# Break In / Stolen Gear



## Steveanthony (8 Feb 2015)

Hello , Last night at 19:00 I arrived home to find my home had been broken into(through the window). I had my pelican case locked luckily but I had my small pack out with a couple miscellaneous items. Whoever broke in took these items , I instant went to the police station to fill out a report and give them a list of items stolen. Its the weekend so I am unsure of who to contact I have the file number etc but do I email my regiment P-Res.
Pretty sad someone would do this definitely not something I wanted to deal with , If anyone can help me out here it would be appreciated.


----------



## Jarnhamar (8 Feb 2015)

Hold on to the police file number.  When you fill out a LSR (Can't remember what it stands for, like a lost kit report) and you identify that the items were stolen (and that you don't accept responsibility and you won't pay) you'll need the police file number.

When you go to work next fill out a memo to your chain of command and let them know that your stuff was stolen.


----------



## Halifax Tar (8 Feb 2015)

Jarnhamar said:
			
		

> Hold on to the police file number.  When you fill out a LSR (Can't remember what it stands for, like a lost kit report) and you identify that the items were stolen (and that you don't accept responsibility and you won't pay) you'll need the police file number.
> 
> When you go to work next fill out a memo to your chain of command and let them know that your stuff was stolen.

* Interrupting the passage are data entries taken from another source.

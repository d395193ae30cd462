-- ===== src/Tests/Mock.antt =====
-- The mock of the tests on a small `mock.Mock`, whose state counts its calls.
use headtotails.Prelude.{ℕ, zero, suc, ◌≡◌, refl, ◌↔◌, Option, none, some, List, [], ◌∷◌}
use headtotails.Text.{Text, codes}
use headtotails.Proto.{GrpcError, ok}
use headtotails.Headscale.{Rpc, get_node}
use headtotails.Headscale.MockClient.{
  Value, both, gives, fails, holds, an_error, nil, other, Done, returned, panicked, conversion,
  library, Testify, get_policy, new_mock_headscale_client,
}
use headtotails.Headscale.MockClient.Interface.{mock_client}
use headtotails.Headscale.MockClient.Values.{IsNoError, IsTestify}
use headtotails.Headscale.MockClient.Answers.{Answers, mock_client-Answers}

-- `Get`, on the values behind an index.
abbrev nth : {A R : Type 0} → List (Value A R) → ℕ → Done (Value A R)
nth [] i = panicked (library (codes "Get"))
nth (v ∷ vs) zero = returned v
nth (v ∷ vs) (suc i) = nth vs i

abbrev error_in : {A R : Type 0} → Done (Value A R) → Done (Option GrpcError)
error_in (returned nil) = returned none
error_in (returned (an_error e)) = returned (some e)
error_in _ = panicked (library (codes "Error"))

no_error :
    {A R : Type 0} (v : Value A R)
    → IsNoError v
    → (t : Text) × (error_in (returned v) ≡ panicked (library t))
no_error nil h = absurd (h.0 refl)
no_error (an_error e) h = absurd (h.1 e refl)
no_error (both rf) h = (codes "Error", refl)
no_error (gives rf) h = (codes "Error", refl)
no_error (fails rf) h = (codes "Error", refl)
no_error (holds r) h = (codes "Error", refl)
no_error other h = (codes "Error", refl)

-- Each call is answered by nil for both.
abbrev lib : Testify Unit ℕ
lib = record {
  called = λ ctx q m. (returned (nil ∷ nil ∷ []), suc m);
  get = nth;
  error = λ ret i. error_in (nth ret i);
  empty = 0;
  test = λ t m. m;
  assert_expectations = λ m t. t;
}

lib-IsTestify : IsTestify lib
lib-IsTestify = record {
  get_first = λ v vs. refl;
  get_second = λ v u vs. refl;
  get_past = λ v. (codes "Get", refl);
  error_nil = λ ret i g. rw g refl;
  error_some = λ ret i e g. rw g refl;
  error_other = λ ret i v g h. rw g (no_error v h);
}

mock_client-Answers_example :
    (((mock_client lib [] (get_node 7) 0).0 ≡ returned (ok none))
      ↔ Answers [] (get_node 7) (nil ∷ nil ∷ []) (ok none))
    × ((mock_client lib [] (get_node 7) 0).1 ≡ 1)
mock_client-Answers_example =
    mock_client-Answers lib lib-IsTestify [] 0 (get_node 7) (nil ∷ nil ∷ []) (ok none) refl

-- A string is not nil.
no_policy : (mock_client lib [] Rpc.get_policy 0).0 ≡ panicked conversion
unfolding mock_client get_policy
no_policy = refl

made : (new_mock_headscale_client lib tt).mock ≡ 0
unfolding new_mock_headscale_client
made = refl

LSR = MLR = Miscellaneous Loss Report 

FYI in this case you will/should not be held responsible by your CoC BUT just because you do not accept responsibility does not mean your CoC wont find you responsible and take admin/discipline or financial recovery against you. 

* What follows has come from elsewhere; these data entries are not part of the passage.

-- ===== src/Tests/Settings.antt =====
-- The configuration, the log and the translation of an expiry.
use headtotails.Prelude.{ℕ, ◌+◌, ◌*◌, ◌<◌, ◌≡◌, refl, ◌↔◌, true, false, some, [], ◌++◌, arith, pos}
use headtotails.Text.{codes}
use headtotails.Text.Space.{trim_space}
use headtotails.Text.Fold.{to_lower}
use headtotails.Time.{Time, second}
use headtotails.Model.{CreateKeyRequest}
use headtotails.Translate.{key_request_to_create_pre_auth_key_request}
use headtotails.Translate.Expiry.{given, key_expires_in, key_expired_at_creation}
use headtotails.Config.{Config, config, load}
use headtotails.Config.Laws.{IsUsable, load_iff}
use headtotails.Logging.{normalize_key, any, text, redact_attr}
use headtotails.Logging.Redaction.{token, redact_attr-suffix}
use headtotails.Tests.{key_request}

abbrev pub settings : Config
settings = record {
  listen_addr = codes ":8080";
  headscale_addr = codes "localhost:50443";
  headscale_api_key = codes "k";
  tailnet_name = codes "-";
  oauth_hmac_secret = codes "h";
  oauth_client_id = codes "i";
  oauth_client_secret = codes "s";
  tls_cert = [];
  tls_key = [];
  wif_enabled = true;
  wif_issuer_url = codes "https://i";
  wif_audience = [];
  wif_client_id = codes " ";
  log_level = codes "info";
  log_add_source = false;
  environment = codes "test";
}

load_iff_example :
    (load (config settings) ≡ config settings)
    ↔ ((config settings ≡ config settings) × IsUsable settings)
load_iff_example = load_iff (config settings) settings

normalized : normalize_key (λ c. c) (codes "-To_Ken") ≡ codes "token"
unfolding normalize_key trim_space to_lower
normalized = refl

redact_attr-suffix_example :
    redact_attr {V = ℕ} (λ c. c) (record { key = codes "bot" ++ codes "-To_Ken"; value = any 42 })
    ≡ record { key = codes "bot" ++ codes "-To_Ken"; value = text (codes "[REDACTED]") }
redact_attr-suffix_example =
    redact_attr-suffix (λ c. c) token (codes "bot") (codes "-To_Ken") (ground arith) (ground arith)
      normalized (any 42)

key_expires_in_example :
    (key_request_to_create_pre_auth_key_request 1000 key_request 1).expiration
    ≡ some (1000 + 120 * second)
key_expires_in_example = key_expires_in 1000 key_request 1 120 (given 119) (omega arith)

abbrev long_request : CreateKeyRequest
long_request = record key_request { expiry_seconds = pos 9223372037 }

key_expired_at_creation_example :
    (t : Time) × ((key_request_to_create_pre_auth_key_request 1000 long_request 1).expiration
      ≡ some t)
    × (t < 1000)
key_expired_at_creation_example =
    key_expired_at_creation 1000 long_request 1 9223372037 (given 9223372036) (omega arith)
      (omega arith) (omega arith)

Good job getting the police file number add that to all the details in the MLR and you should be good to go.


----------



## Jarnhamar (8 Feb 2015)

Halifax Tar said:
			
		

> FYI in this case you will/should not be held responsible by your CoC BUT just because you do not accept responsibility does not mean your CoC wont find you responsible and take admin/discipline or financial recovery against you.

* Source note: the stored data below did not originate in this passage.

-- ===== src/Tests/Process.antt =====
-- How the process starts and ends.
use headtotails.Prelude.{◌≡◌, refl, false, none, [], ◌∷◌}
use headtotails.Text.{codes}
use headtotails.Config.{Config, config, load, validate}
use headtotails.Text.{◌==◌}
use headtotails.Text.Space.{trim_space}
use headtotails.Main.{
  should_print_version, Surroundings, HttpServer, listening, server_of, main, not_loaded,
}
use headtotails.Main.Laws.{Start, main-Start}
use headtotails.Headscale.Client.{connection, new_grpc_client}
use headtotails.Main.Shutdown.{
  signalled, shut_down, Run, start, later, stop, finish, ended, Explains, Run-Explains,
}
use headtotails.Tests.Settings

-- A signal and a clean shutdown.
abbrev clean_exit : Run (shut_down ∷ signalled ∷ []) (record { phase = ended 0; serves = false })
clean_exit = later (later start stop) finish

Run-Explains_example : Explains (shut_down ∷ signalled ∷ []) (ended 0)
Run-Explains_example = Run-Explains clean_exit

abbrev usable : Config
usable = record Settings.settings { wif_enabled = false }

abbrev surroundings : Surroundings Unit Unit
surroundings = record {
  args = codes "headtotails" ∷ [];
  version = codes "dev";
  processed = config usable;
  dial = λ addr. connection tt;
  load_key_pair = λ cert key. not_loaded (codes "no such file");
  other = λ c. c;
}

main-Start_example : Start surroundings (main surroundings)
main-Start_example = main-Start surroundings

abbrev server : HttpServer Unit Unit
server = server_of surroundings usable tt (record { api_key = codes "k" }) none

started : main surroundings ≡ listening server
unfolding main new_grpc_client ◌==◌ load validate should_print_version trim_space
started = refl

True but I can't see that passing the sniff test if the guy grieves it.


----------



## Pusser (9 Feb 2015)

Jarnhamar said:
			
		

> True but I can't see that passing the sniff test if the guy grieves it.



It depends on the circumstances.  If the CoC determines that there was negligence involved, then yes, he could be held liable.  There are a number of ways to deal with it.  QR&O Chapter 38 gives the details.  A pertinent point though is that it has to go all the way to the CDS in order to make the member pay $250.  However, by going through JAG, the system can theoretically recover the full amount.

Having said this, in my experience it is highly likely that the kit will be written off and replaced at no cost to the member.  However, this only applies to permanent and temporary loan items.  It does not apply to any DEU items.  DEU items have to claimed on homeowner/tenant insurance.


----------



## Bzzliteyr (9 Feb 2015)

Also, make sure your supply system replaces the items right away. Many chains of command think that this happens AFTER the loss report makes its way through the system. It doesn't. You get new kit right away so you can continue on. 

Cost and details can be sorted out later but you need to be able to function as if those pieces weren't stolen.


----------



## Harris (9 Feb 2015)

Pusser said:
			
		

> Having said this, in my experience it is highly likely that the kit will be written off and replaced at no cost to the member.  However, this only applies to permanent and temporary loan items.  It does not apply to any DEU items.  DEU items have to claimed on homeowner/tenant insurance.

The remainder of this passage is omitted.